Изменить стиль страницы

Нет, в Симбирск они не рискнут.

В первые же дни отыщу. Прежде всего — маму.

Восемнадцать лет за всеми Ульяновыми ходят по пятам ищейки, жандармы бросают их в тюрьмы, гонят в ссылку, «выдворяют» с обжитого места под гласный надзор. А мама, милая, заботливая мама все носила и носила узелки к тюремным воротам, добивалась свиданий, письмами старалась подбодрить. И никто из детей не видел слез на ее лице. Вероятно, по ночам выплакивала их в подушку. Как только выдерживало измученное сердце?! Успокаивающе улыбалась им, помогала, чем могла.
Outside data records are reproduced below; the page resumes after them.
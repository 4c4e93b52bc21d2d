-- ===== src/Collector/Updated/Effect.antt =====
-- sgcl/priv/collector.h, `_mark_updated`: which reachable bits it sets.
use Prim.Native.Nat.{bit_or}
use sgcl.Base.{
  ℕ, ◌+◌, ◌*◌, ◌/◌, ◌%◌, ◌^◌, ◌<◌, ◌≡◌, refl, sym, ap, ◌∙◌, arith, Bool, true, false, ◌==◌, ◌||◌,
  ◌&&◌, ltb, leb, Bool-cases, inl, inr,
}
use sgcl.Base.Bits.{has, has-pow, testbit-zero}
use sgcl.State
use sgcl.Heap.{Heap, page_at, flag_at, put_flag}
use sgcl.Collector.Bits.{is_reachable, testbit-set, flag_at-put_flag}
use sgcl.Collector.Groups.{for_groups, for_groups_inv}
use sgcl.Collector.Garbage.Effect.{garbage}
use sgcl.Collector.Garbage.Sweeps.{word_at, testbit-word_at}
use sgcl.Collector.Updated.{Update, updated_word, update_object}

-- An object that is not marked yet, and whose state says that it was touched.
abbrev pub touched : Heap → ℕ → ℕ → Bool
touched h a k =
    garbage h a k
    && leb State.reachable ((page_at h a).states k)
    && leb ((page_at h a).states k) State.unique_lock

-- The page `a` of `h` after its groups below `i` and the first `j` bits of group `i`.
pub record Touched (a : ℕ) (h : Heap) (i j : ℕ) (g : Heap) : Type 0 where
  pub reachable :
      (b k : ℕ)
      → is_reachable g b k
        ≡ (is_reachable h b k || ((a == b) && ltb k (i * 64 + j) && touched h a k))
  pub registered : (b n : ℕ) → (flag_at g b n).registered ≡ (flag_at h b n).registered
  pub marked : (b n : ℕ) → (flag_at g b n).marked ≡ (flag_at h b n).marked
  pub states : (b k : ℕ) → (page_at g b).states k ≡ (page_at h b).states k
  pub metadata : (b : ℕ) → (page_at g b).metadata ≡ (page_at h b).metadata

module _ (all : Bool) (a : ℕ) (h : Heap) where
  start : (i : ℕ) (s : Update) → Touched a h i 0 s.heap → updated_word a i s ≡ word_at a h i
  unfolding updated_word word_at
  start i s v = rw (v.registered a i, v.marked a i) refl

  bit_clear :
      (i j : ℕ) (g : Heap)
      → touched h a (i * 64 + j) ≡ false
      → Touched a h i j g
      → Touched a h i (j + 1) g
  bit_clear i j g n v = record {
    reachable =
        λ b k. ground (arith, v.reachable b k, λ (e : k ≡ i * 64 + j). ap (touched h a) e ∙ n);
    registered = v.registered;
    marked = v.marked;
    states = v.states;
    metadata = v.metadata;
  }

  abbrev set_bit : ℕ → ℕ → Heap → Heap
  set_bit i j g =
      put_flag a i (record (flag_at g a i) { reachable = bit_or (flag_at g a i).reachable (2 ^ j) })
        g

  bit_set :
      (i j : ℕ) (g : Heap)
      → j < 64
      → touched h a (i * 64 + j) ≡ true
      → Touched a h i j g
      → Touched a h i (j + 1) (set_bit i j g)
  bit_set i j g lt n v = record {
    reachable = λ b k.
        rw
          (flag_at-put_flag a i
            (record (flag_at g a i) { reachable = bit_or (flag_at g a i).reachable (2 ^ j) }) g b
            (k / 64))
          (ground (
            arith,
            v.reachable b k,
            testbit-set (flag_at g a i).reachable j (k % 64),
            λ (e : k ≡ i * 64 + j). ap (touched h a) e ∙ n,
          ));
    registered = λ b m. ground (arith, v.registered b m);
    marked = λ b m. ground (arith, v.marked b m);
    states = λ b k. ground (arith, v.states b k);
    metadata = λ b. ground (arith, v.metadata b);
  }

  object :
      (i j : ℕ) (s : Update)
      → j < 64
      → garbage h a (i * 64 + j) ≡ true
      → Touched a h i j s.heap
      → Touched a h i (j + 1) (update_object all a i j s).heap
  unfolding update_object
  object i j s lt n v =
      elim (Bool-cases (leb State.reachable state && leb state State.unique_lock)) [
        | inl t ↦ rw t (bit_set i j s.heap lt (ground (arith, v.states a (i * 64 + j))) v)
        | inr f ↦ rw f (elim (Bool-cases all) [
          | inl q ↦ rw q (bit_clear i j s.heap (ground (arith, v.states a (i * 64 + j))) v)
          | inr q ↦ rw q (bit_clear i j s.heap (ground (arith, v.states a (i * 64 + j))) v)
        ])
      ]
    where
      state : ℕ
      state = (page_at s.heap a).states (i * 64 + j)

  next : (i : ℕ) (g : Heap) → Touched a h i 64 g → Touched a h (i + 1) 0 g
  next i g v = record {
    reachable = λ b k. ground (arith, v.reachable b k);
    registered = v.registered;
    marked = v.marked;
    states = v.states;
    metadata = v.metadata;
  }

  pub clear : (i : ℕ) → word_at a h i ≡ 0 → (k : ℕ) → i ≡ k / 64 → garbage h a k ≡ false
  clear i z k e =
      ap (garbage h a) (let d : k ≡ i * 64 + k % 64 = omega arith in d)
      ∙ sym (testbit-word_at a h i (k % 64) (omega arith))
      ∙ ap (λ w. has w (2 ^ (k % 64))) z
      ∙ has-pow 0 (k % 64)
      ∙ testbit-zero (k % 64)

  skip : (i : ℕ) (g : Heap) → word_at a h i ≡ 0 → Touched a h i 0 g → Touched a h (i + 1) 0 g
  skip i g z v = record {
    reachable = λ b k. ground (arith, v.reachable b k, clear i z k);
    registered = v.registered;
    marked = v.marked;
    states = v.states;
    metadata = v.metadata;
  }

  pub groups-Touched :
      (count : ℕ)
      → Touched a h count 0
          (for_groups
            (updated_word a)
            (update_object all a)
            (λ i s. s)
            count
            (record { heap = h; reachable_page = false; unreachable_page = false })).heap
  groups-Touched count =
      for_groups_inv (updated_word a) (update_object all a) (λ i s. s)
        (λ i (t : Update). Touched a h i 0 t.heap) (λ i j (t : Update). Touched a h i j t.heap)
        (word_at a h) count _ (λ i t lo v. (start i t v, v))
        (λ i j t lo hi v. elim (Bool-cases (has (word_at a h i) (2 ^ j))) [
          | inl b ↦ rw b (object i j t hi (sym (testbit-word_at a h i j hi) ∙ b) v)
          | inr b ↦ rw b (bit_clear i j t.heap (ground (arith, testbit-word_at a h i j hi)) v)
        ])
        (λ i t nz v. next i t.heap v) (λ i t z v. skip i t.heap z v)
        (record {
          reachable = λ b k. ground arith;
          registered = λ b n. refl;
          marked = λ b n. refl;
          states = λ b k. refl;
          metadata = λ b. refl;
        })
Разделяла их гнев…

«Да что это я все в прошедшем времени? — слегка вздрогнул Владимир Ильич, прерывая тревожное раздумье. — И сегодня помогает. И Анюта, и Маняша, и Марк, и Митя с женой — все в меру возможностей содействуют революции. Ульяновы и Елизаровы иначе не могут жить».

— Тебя волнует отсутствие весточек от родных? — участливо спросила Надежда, положив руку на плечо мужа. — Но товарищ, который встретит тебя в Стокгольме, несомненно, привезет их адреса.

— Да, конечно…

Надежда оставалась в Женеве, чтобы привести в порядок партийный архив и передать на хранение в надежные руки.

— Буду ждать тебя, Надюша, недельки через две. Не позже, — сказал Владимир, целуя жену на прощанье. — Только с уговором…

— Не скучать? В этом я не властна. Буду тосковать. И потихоньку завидовать тебе.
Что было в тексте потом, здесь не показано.